Stop. Not possible. If he accepted Olivia’s story as true then he accepted Jodie to be pregnant with Zeb’s baby. So it didn’t matter that he’d never laid eyes on Olivia until yesterday—didn’t matter they met nowhere on the family tree: the unborn baby would link them together for ever. That would be plenty complicated enough without throwing sex into the mix.
So...
Drawing from his reserves of will power, he stepped backwards. ‘You’ve done a great job in here. I’ve persuaded Candice to withdraw her story and Noah has agreed to play his part. The press will be here in about half an hour.’
‘Right.’ Olivia blinked and then, taking his cue, she nodded. ‘I need to change. So can I borrow one of your shirts? That denotes seriousness, doesn’t it? Wearing someone else’s clothes—it’s pretty intimate. Plus I slept in my shirt last night, so that’s a bit grim, and I don’t think the all-black outfit is right. It’s too funereal-cum-cat burglar.’
Adam shrugged. ‘Fine with me.’ He gestured at the wardrobe. ‘Take your pick.’
She glided over to the wardrobe and slid the huge mirrored door to one side. There was a long minute as she stared inside. ‘Wow! That’s a lot of clothes.’ She turned. ‘How long are you staying here?’
He frowned. ‘I keep all my stuff here.’
‘So you live here? It’s your home?’ Her face was creased with confusion, as though the concept was incomprehensible.
‘I spend most of my time on the road, in one or another of the Masterson hotels. But I spend about a week or so a month here. So I guess it’s a base.’
Olivia turned to survey the bedroom as if she were soaking in the surroundings anew. ‘It’s very...nice,’ she said.
Nice? This was the height of luxury.
Adam followed her gaze to the enormous handcrafted wooden bed, the mirrored wardrobe, the glass desk and the flat-screen television. She’d already seen the lounge, with its enormous cream leather sofas heaped with textured cushions, the glass dining table surrounded by white leather dining chairs.
‘Glad you approve,’ he muttered, sarcasm dripping from his tone.
A flush bloomed in her cheeks. ‘I’m sorry,’ she said. ‘That was rude of me. This is amazing. Honestly. Really impressive.’

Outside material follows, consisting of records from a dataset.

-- ===== src/Report/Charts.antt =====
-- scripts/build_report.py: which cell a bar shows.
use Prim.Native.String.{◌++◌}
use hse_graduate_qualificati.Base.{
  String, ◌≡◌, refl, ap, ◌∙◌, Bool, Option, none, some, List, [], ◌∷◌, map, if◌then◌else◌,
  Bool-cases, Option-cases, inl, inr, eq_iff, arith,
}
use hse_graduate_qualificati.Report.{
  Python, CellRecord, cell_label, CellIndex, is_key, get_cell, set_cell, index_from,
  index_cells_by_label, scenarios, strategies, backends,
}
use hse_graduate_qualificati.Report.Drawing.{
  bar_value, draw_grouped_bar, p95_or_zero, chart_redis_vs_memory,
}

module _ {F : Type 0} where
  abbrev matches : String → String → CellRecord F → Bool
  matches label scenario c = is_key label scenario (cell_label c, c.scenario)

  -- The last cell of the list with this label and this scenario.
  unfoldable pub last_cell : String → String → List (CellRecord F) → Option (CellRecord F)
  last_cell label scenario [] = none
  last_cell label scenario (c ∷ cells) = elim (last_cell label scenario cells) [
    | some later ↦ some later
    | none ↦ if matches label scenario c then some c else none
  ]

  get_cell-set_cell :
      (l s : String) (label scenario : String) (c : CellRecord F) (indexed : CellIndex F)
      → get_cell label scenario (set_cell l s c indexed)
        ≡ (if is_key label scenario (l, s) then some c else get_cell label scenario indexed)
  unfolding get_cell set_cell
  get_cell-set_cell l s label scenario c [] = refl
  get_cell-set_cell l s label scenario c (((l', s'), c') ∷ indexed) = ground (
    arith,
    eq_iff l' l,
    eq_iff s' s,
    eq_iff l' label,
    eq_iff s' scenario,
    eq_iff l label,
    eq_iff s scenario,
    get_cell-set_cell l s label scenario c indexed,
  )

  get_cell-index_from :
      (label scenario : String) (cells : List (CellRecord F)) (indexed : CellIndex F)
      → get_cell label scenario (index_from indexed cells) ≡ elim (last_cell label scenario cells) [
        | some c ↦ some c
        | none ↦ get_cell label scenario indexed
      ]
  unfolding index_from last_cell
  get_cell-index_from label scenario [] indexed = refl
  get_cell-index_from label scenario (c ∷ cells) indexed =
      let ih =
        get_cell-index_from label scenario cells (set_cell (cell_label c) c.scenario c indexed) in
      let put = get_cell-set_cell (cell_label c) c.scenario label scenario c indexed in
      elim (Option-cases (last_cell label scenario cells)) [
        | inr (later, found) ↦ ih ∙ rw found
        | inl absent ↦ elim (Bool-cases (matches label scenario c)) [
          | inl here ↦ ih ∙ rw (absent, put, here)
          | inr other ↦ ih ∙ rw (absent, put, other)
        ]
      ]

  get_cell-index :
      (label scenario : String) (cells : List (CellRecord F))
      → get_cell label scenario (index_cells_by_label cells) ≡ last_cell label scenario cells
  unfolding index_cells_by_label get_cell
  get_cell-index label scenario cells =
      get_cell-index_from label scenario cells []
      ∙ elim (Option-cases (last_cell label scenario cells)) [
        | inl absent ↦ rw absent
        | inr (c, found) ↦ rw found
      ]

module _ {J F : Type 0} (py : Python J F) where
  -- What the bar of a label shows for a scenario: the metric of the last such cell, or zero,
  -- transformed.
  unfoldable pub shown_value :
      List (CellRecord F) → (CellRecord F → F) → Option (F → F) → String → String → F
  unfolding last_cell
  shown_value cells metric y_transform label scenario =
      let v : F = elim (last_cell label scenario cells) [
        | none ↦ py.zero
        | some cell ↦ metric cell
      ] in
      elim y_transform [ none ↦ v | some f ↦ f v ]

  bar_value-shown :
      (cells : List (CellRecord F)) (metric : CellRecord F → F) (y_transform : Option (F → F))
      (label scenario : String)
      → bar_value py metric y_transform (index_cells_by_label cells) label scenario
        ≡ shown_value cells metric y_transform label scenario
  unfolding bar_value shown_value
  bar_value-shown cells metric none label scenario =
      rw (bar_value, shown_value, get_cell-index label scenario cells)
  bar_value-shown cells metric (some f) label scenario =
      rw (bar_value, shown_value, get_cell-index label scenario cells)

  p95-shown :
      (cells : List (CellRecord F)) (label scenario : String)
      → p95_or_zero py (index_cells_by_label cells) label scenario
        ≡ shown_value cells CellRecord.latency_p95_ms none label scenario
  unfolding p95_or_zero shown_value
  p95-shown cells label scenario =
      rw (p95_or_zero, shown_value, get_cell-index label scenario cells)

map-ext : {A B : Type 0} (f g : A → B) (l : List A) → ((a : A) → f a ≡ g a) → map f l ≡ map g l
map-ext f g [] h = refl
map-ext f g (a ∷ l) h = rw (h a, map-ext f g l h)

module _ {J F : Type 0} (py : Python J F) where
  -- Each of the three grouped charts shows, for every label of its legend in order and for every
  -- scenario in order, the metric of the last cell with that label and scenario, or zero when there
  -- is none; the chart of Redis against memory shows the p95 latency so, under the labels
  -- `strategy-backend`.
  pub charts_show :
      (cells : List (CellRecord F)) (metric : CellRecord F → F) (y_transform : Option (F → F))
      → (labels : List String)
      → (draw_grouped_bar py cells metric y_transform labels
          ≡ map
              (λ label. (label, map (shown_value py cells metric y_transform label) scenarios))
              labels)
        × (chart_redis_vs_memory py cells
            ≡ map
                (λ scenario. (
                  scenario,
                  map
                      (λ backend. (
                        backend,
                        map
                            (λ strategy.
                              shown_value py cells CellRecord.latency_p95_ms none
                                (strategy ++ ("-" ++ backend))
                                scenario)
                            strategies,
                      ))
                      backends,
                ))
                scenarios)
  unfolding draw_grouped_bar chart_redis_vs_memory
  charts_show cells metric y_transform labels = (
    map-ext _ _ labels (λ label.
        ap (λ (vs : List F). (label, vs))
          (map-ext _ _ scenarios
            (λ scenario. bar_value-shown py cells metric y_transform label scenario))),
    map-ext _ _ scenarios (λ scenario.
        ap (λ (bs : List (String × List F)). (scenario, bs))
          (map-ext _ _ backends (λ backend.
            ap (λ (vs : List F). (backend, vs))
              (map-ext _ _ strategies
                (λ strategy. p95-shown py cells (strategy ++ ("-" ++ backend)) scenario))))),
  )
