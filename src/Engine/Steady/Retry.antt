-- ===== src/Engine/Steady/Retry.antt =====
-- The retry of parked facts and the handling of any signal in src/engine/receive-engine.ts are steady.
use notestr.Prelude.{
  ℕ, zero, suc, refl, Text, Bool, true, false, not, Option, none, some, List, [], ◌∷◌,
}
use notestr.Domain.Events.{AcceptedDomainEvent}
use notestr.Engine.Types.{
  RawProtocolFact, RawProtocolFactInput, DeferredReason, MessageSignal, IngestSignal, message,
  deferred, skipped, malformed, epoch_advanced, live, retrying_deferred,
}
use notestr.Engine.Policy.{DeferredPolicyEntry}
use notestr.Engine.World.{Exec, pass}
use notestr.Engine.Handlers.{process_signal, run_job}
use notestr.Engine.Retry.{
  Ingest, accept_or_refund, retry_message, retry_deferred, retry_skipped, retry_malformed,
  handle_deferred_retry_signal, for_await, run_deferred_retry_pass, reject_all, save_and_reject,
  prune_and_report_ttl_expired, report_and_remove_exhausted, retry_batch_now, retry_rounds,
  enter_retrying_deferred,
}
use notestr.Engine.Steady.{
  Leaves, bind-Leaves, call-Leaves, modify-Leaves, gets-Leaves, pure-Leaves, return-Leaves,
  alive-Leaves, if-Leaves, set_policy-Leaves, advance_watermark-Leaves,
}
use notestr.Engine.Steady.Writes.{
  emit-Leaves, pass-Steady, transition_to-Leaves, accept_deferred_fact_with_retry-Leaves,
  save_deferred_ids_with_retry-Leaves,
}
use notestr.Engine.Steady.Handlers.{
  when-Leaves, append_or_return-Leaves, note_accepted-Leaves, unpark-Leaves,
  handle_epoch_advanced-Leaves, process_signal-Leaves,
}

accept_or_refund-Leaves :
    (event : AcceptedDomainEvent) (fact : RawProtocolFact) (o : Option (Unit {0}))
    → Leaves (accept_or_refund event fact o)
unfolding accept_or_refund
accept_or_refund-Leaves event fact none = bind-Leaves (set_policy-Leaves _) λ u. return-Leaves
accept_or_refund-Leaves event fact (some u) =
    bind-Leaves (note_accepted-Leaves event)
      λ v. bind-Leaves (advance_watermark-Leaves fact.seq) λ x. emit-Leaves _

retry_message-Leaves :
    (g : Text) (signal : MessageSignal) (gen : ℕ) → Leaves (retry_message g signal gen)
unfolding retry_message
retry_message-Leaves g signal gen = bind-Leaves (append_or_return-Leaves gen signal.fact) λ fact.
    bind-Leaves (emit-Leaves _) λ u. bind-Leaves (gets-Leaves _) λ known.
      bind-Leaves (gets-Leaves _) λ event.
        bind-Leaves
          (if-Leaves known (advance_watermark-Leaves fact.seq) (
            bind-Leaves (accept_deferred_fact_with_retry-Leaves g gen fact.id event)
              λ o. bind-Leaves (alive-Leaves gen) λ v. accept_or_refund-Leaves event fact o))
          λ x. unpark-Leaves g gen fact.id

retry_deferred-Leaves :
    (input : RawProtocolFactInput) (reason : DeferredReason) (gen : ℕ)
    → Leaves (retry_deferred input reason gen)
unfolding retry_deferred
retry_deferred-Leaves input reason gen = bind-Leaves (append_or_return-Leaves gen input) λ fact.
    bind-Leaves (advance_watermark-Leaves fact.seq)
      λ u. bind-Leaves (emit-Leaves _) λ v. emit-Leaves _

retry_skipped-Leaves :
    (g : Text) (input : RawProtocolFactInput) (gen : ℕ) → Leaves (retry_skipped g input gen)
unfolding retry_skipped
retry_skipped-Leaves g input gen = bind-Leaves (append_or_return-Leaves gen input) λ fact.
    bind-Leaves (advance_watermark-Leaves fact.seq) λ u.
      bind-Leaves (emit-Leaves _) λ v. bind-Leaves (emit-Leaves _) λ x. unpark-Leaves g gen fact.id

retry_malformed-Leaves :
    (g : Text) (input : RawProtocolFactInput) (gen : ℕ) → Leaves (retry_malformed g input gen)
unfolding retry_malformed
retry_malformed-Leaves g input gen = bind-Leaves (append_or_return-Leaves gen input) λ fact.
    bind-Leaves (advance_watermark-Leaves fact.seq) λ u.
      bind-Leaves (emit-Leaves _) λ v. bind-Leaves (emit-Leaves _) λ x. unpark-Leaves g gen fact.id

handle_deferred_retry_signal-Leaves :
    (g : Text) (enter : Exec (Unit {0})) (signal : IngestSignal) (gen : ℕ)
    → Leaves enter
    → Leaves (handle_deferred_retry_signal g enter signal gen)
unfolding handle_deferred_retry_signal
handle_deferred_retry_signal-Leaves g enter (message signal) gen p =
    call-Leaves (retry_message-Leaves g signal gen)
handle_deferred_retry_signal-Leaves g enter (deferred fact reason epoch) gen p =
    call-Leaves (retry_deferred-Leaves fact reason gen)
handle_deferred_retry_signal-Leaves g enter (skipped fact) gen p =
    call-Leaves (retry_skipped-Leaves g fact gen)
handle_deferred_retry_signal-Leaves g enter (malformed fact error) gen p =
    call-Leaves (retry_malformed-Leaves g fact gen)
handle_deferred_retry_signal-Leaves g enter (epoch_advanced new_epoch prev_epoch) gen p =
    call-Leaves (handle_epoch_advanced-Leaves enter new_epoch prev_epoch p)

pub for_await-Leaves :
    (gen : ℕ) (body : IngestSignal → Exec (Unit {0})) (signals : List IngestSignal)
    → ((signal : IngestSignal) → Leaves (body signal))
    → Leaves (for_await gen body signals)
unfolding for_await
for_await-Leaves gen body [] h = modify-Leaves pass pass-Steady
for_await-Leaves gen body (signal ∷ signals) h = bind-Leaves (modify-Leaves pass pass-Steady) λ u.
    bind-Leaves (alive-Leaves gen) λ v.
      bind-Leaves (h signal)
        λ x. bind-Leaves (alive-Leaves gen) λ y. for_await-Leaves gen body signals h

run_deferred_retry_pass-Leaves :
    (g : Text) (ingest : Ingest) (enter : Exec (Unit {0})) (gen : ℕ)
    (batch : List DeferredPolicyEntry)
    → Leaves enter
    → Leaves (run_deferred_retry_pass g ingest enter gen batch)
unfolding run_deferred_retry_pass
run_deferred_retry_pass-Leaves g ingest enter gen [] p = return-Leaves
run_deferred_retry_pass-Leaves g ingest enter gen (e ∷ batch) p =
    bind-Leaves (set_policy-Leaves _) λ u. bind-Leaves (gets-Leaves _) λ signals.
      for_await-Leaves gen _ signals
        λ signal. handle_deferred_retry_signal-Leaves g enter signal gen p

reject_all-Leaves : (reason : Text) (es : List DeferredPolicyEntry) → Leaves (reject_all reason es)
unfolding reject_all
reject_all-Leaves reason [] = pure-Leaves tt
reject_all-Leaves reason (e ∷ es) = bind-Leaves (emit-Leaves _) λ u. reject_all-Leaves reason es

save_and_reject-Leaves :
    (g : Text) (gen : ℕ) (reason : Text) (es : List DeferredPolicyEntry)
    → Leaves (save_and_reject g gen reason es)
unfolding save_and_reject
save_and_reject-Leaves g gen reason [] = return-Leaves
save_and_reject-Leaves g gen reason (e ∷ es) = bind-Leaves (gets-Leaves _) λ ids.
    bind-Leaves (save_deferred_ids_with_retry-Leaves g gen ids)
      λ saved. bind-Leaves (alive-Leaves gen) λ u. reject_all-Leaves reason (e ∷ es)

prune_and_report_ttl_expired-Leaves :
    (g : Text) (gen : ℕ) → Leaves (prune_and_report_ttl_expired g gen)
unfolding prune_and_report_ttl_expired
prune_and_report_ttl_expired-Leaves g gen =
    bind-Leaves (gets-Leaves _)
      λ pruned. bind-Leaves (set_policy-Leaves _) λ u. save_and_reject-Leaves g gen _ pruned.0

report_and_remove_exhausted-Leaves :
    (g : Text) (gen : ℕ) → Leaves (report_and_remove_exhausted g gen)
unfolding report_and_remove_exhausted
report_and_remove_exhausted-Leaves g gen =
    bind-Leaves (gets-Leaves _)
      λ exhausted. bind-Leaves (set_policy-Leaves _) λ u. save_and_reject-Leaves g gen _ exhausted

retry_batch_now-Leaves :
    (g : Text) (ingest : Ingest) (enter : Exec (Unit {0})) (gen : ℕ) (ever : Bool)
    (batch : List DeferredPolicyEntry)
    → Leaves enter
    → Leaves (retry_batch_now g ingest enter gen ever batch)
unfolding retry_batch_now
retry_batch_now-Leaves g ingest enter gen ever [] p = pure-Leaves ever
retry_batch_now-Leaves g ingest enter gen ever (e ∷ batch) p =
    bind-Leaves
      (when-Leaves (not ever) (
        bind-Leaves (call-Leaves (transition_to-Leaves g gen retrying_deferred))
          λ u. alive-Leaves gen))
      λ v. bind-Leaves (emit-Leaves _) λ x.
        bind-Leaves (call-Leaves (run_deferred_retry_pass-Leaves g ingest enter gen (e ∷ batch) p))
          λ y. bind-Leaves (alive-Leaves gen) λ z. pure-Leaves true

retry_rounds-Leaves :
    (g : Text) (ingest : Ingest) (fuel gen : ℕ) (ever : Bool)
    → Leaves (retry_rounds g ingest fuel gen ever)
unfolding retry_rounds
retry_rounds-Leaves g ingest zero gen ever = return-Leaves
retry_rounds-Leaves g ingest (suc fuel) gen ever =
    bind-Leaves (call-Leaves (prune_and_report_ttl_expired-Leaves g gen)) λ u.
      bind-Leaves (alive-Leaves gen) λ v. bind-Leaves (gets-Leaves _) λ batch.
        bind-Leaves
          (retry_batch_now-Leaves g ingest _ gen ever batch
            (retry_rounds-Leaves g ingest fuel gen false))
          λ entered. bind-Leaves (call-Leaves (report_and_remove_exhausted-Leaves g gen)) λ x.
            bind-Leaves (alive-Leaves gen) λ y. bind-Leaves (gets-Leaves _) λ latched.
              bind-Leaves
                (modify-Leaves _
                  λ w. record { counted = refl; quiet = λ h. (h, refl); told = λ h. h })
                λ z.
                  if-Leaves latched (retry_rounds-Leaves g ingest fuel gen entered)
                    (when-Leaves entered (call-Leaves (transition_to-Leaves g gen live)))

pub enter_retrying_deferred-Leaves :
    (g : Text) (ingest : Ingest) (fuel gen : ℕ) → Leaves (enter_retrying_deferred g ingest fuel gen)
unfolding enter_retrying_deferred
enter_retrying_deferred-Leaves g ingest fuel gen =
    bind-Leaves (alive-Leaves gen) λ u. retry_rounds-Leaves g ingest fuel gen false

pub signal_job-Leaves :
    (g : Text) (ingest : Ingest) (fuel gen : ℕ) (signal : IngestSignal)
    → Leaves (run_job gen (process_signal g (enter_retrying_deferred g ingest fuel gen) signal gen))
unfolding run_job
signal_job-Leaves g ingest fuel gen signal =
    bind-Leaves (alive-Leaves gen)
      λ u. process_signal-Leaves g _ signal gen (enter_retrying_deferred-Leaves g ingest fuel gen)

‘But...?’ He wasn’t at all sure why but he wanted to know what she thought. Curiosity, maybe, at her bizarre reaction? Other women oohed and aahed. Olivia Evans was struggling to find a suitable compliment.
Elegant shoulders lifted as she waved a hand around. ‘It’s just not very homey, that’s all.’
Give him strength. ‘Homey?’
‘Lived in. Personal. I mean, did you choose anything at all in here? Or out there? Where’s the clutter?’
‘I approved the design.’ Irritation surfaced at the defensiveness that caused him to fold his arms across his chest. ‘And I don’t do clutter.’
His childhood home, where he had spent the first eight years of his life with his mother, had overflowed at the seams with knick-knacks and clutter. Maria Jonson had collected souvenirs of all her life’s experiences: snow globes, vases, paperweights, statues, garden gnomes. They had all ended up in their small terraced house. Maybe because his mum had had some sixth sense that her life was doomed to end way too early.
Sadness weighed heavy in his heart, along with remembered grief at leaving that home, seeing the house and all those precious possessions sold or donated to charity by Zeb.
‘Possessions clutter up life,’ his newly discovered father had told him. He’d placed a light hand on Adam’s shoulders. ‘I know it’s a hard concept, but you’ll work it out. You’ve got a new life now, Adam. A life of adventure.’
Words that had aroused such a conflict of emotion—sadness, excitement, guilt and fear—and set him inexorably on the path to becoming the man he was today.
Rubbing a hand over his face, Adam frowned. The past wasn’t relevant right now. Neither were his interior decorating preferences. Or his attitude to clutter. ‘Anyway,’ he said. ‘Go ahead. Pick a shirt.’
She turned her attention back to the wardrobe and tilted her head to one side.
‘Interesting,’ she said. ‘For a man who doesn’t like clutter you sure do like clothes. What do you do? Find something you like and order it in every colour? You’ve got three styles in there. Long sleeves, short-sleeved shirts and T-shirts. Five colours each.’
Impressive. All the clothes were in a jumbled mass, and yet she’d analysed his wardrobe at a glance. Now she was looking at him with a disconcertingly assessing slant to her hazel eyes. To his own annoyance Adam realised he was rocking on the balls of his feet. As if he was uncomfortable.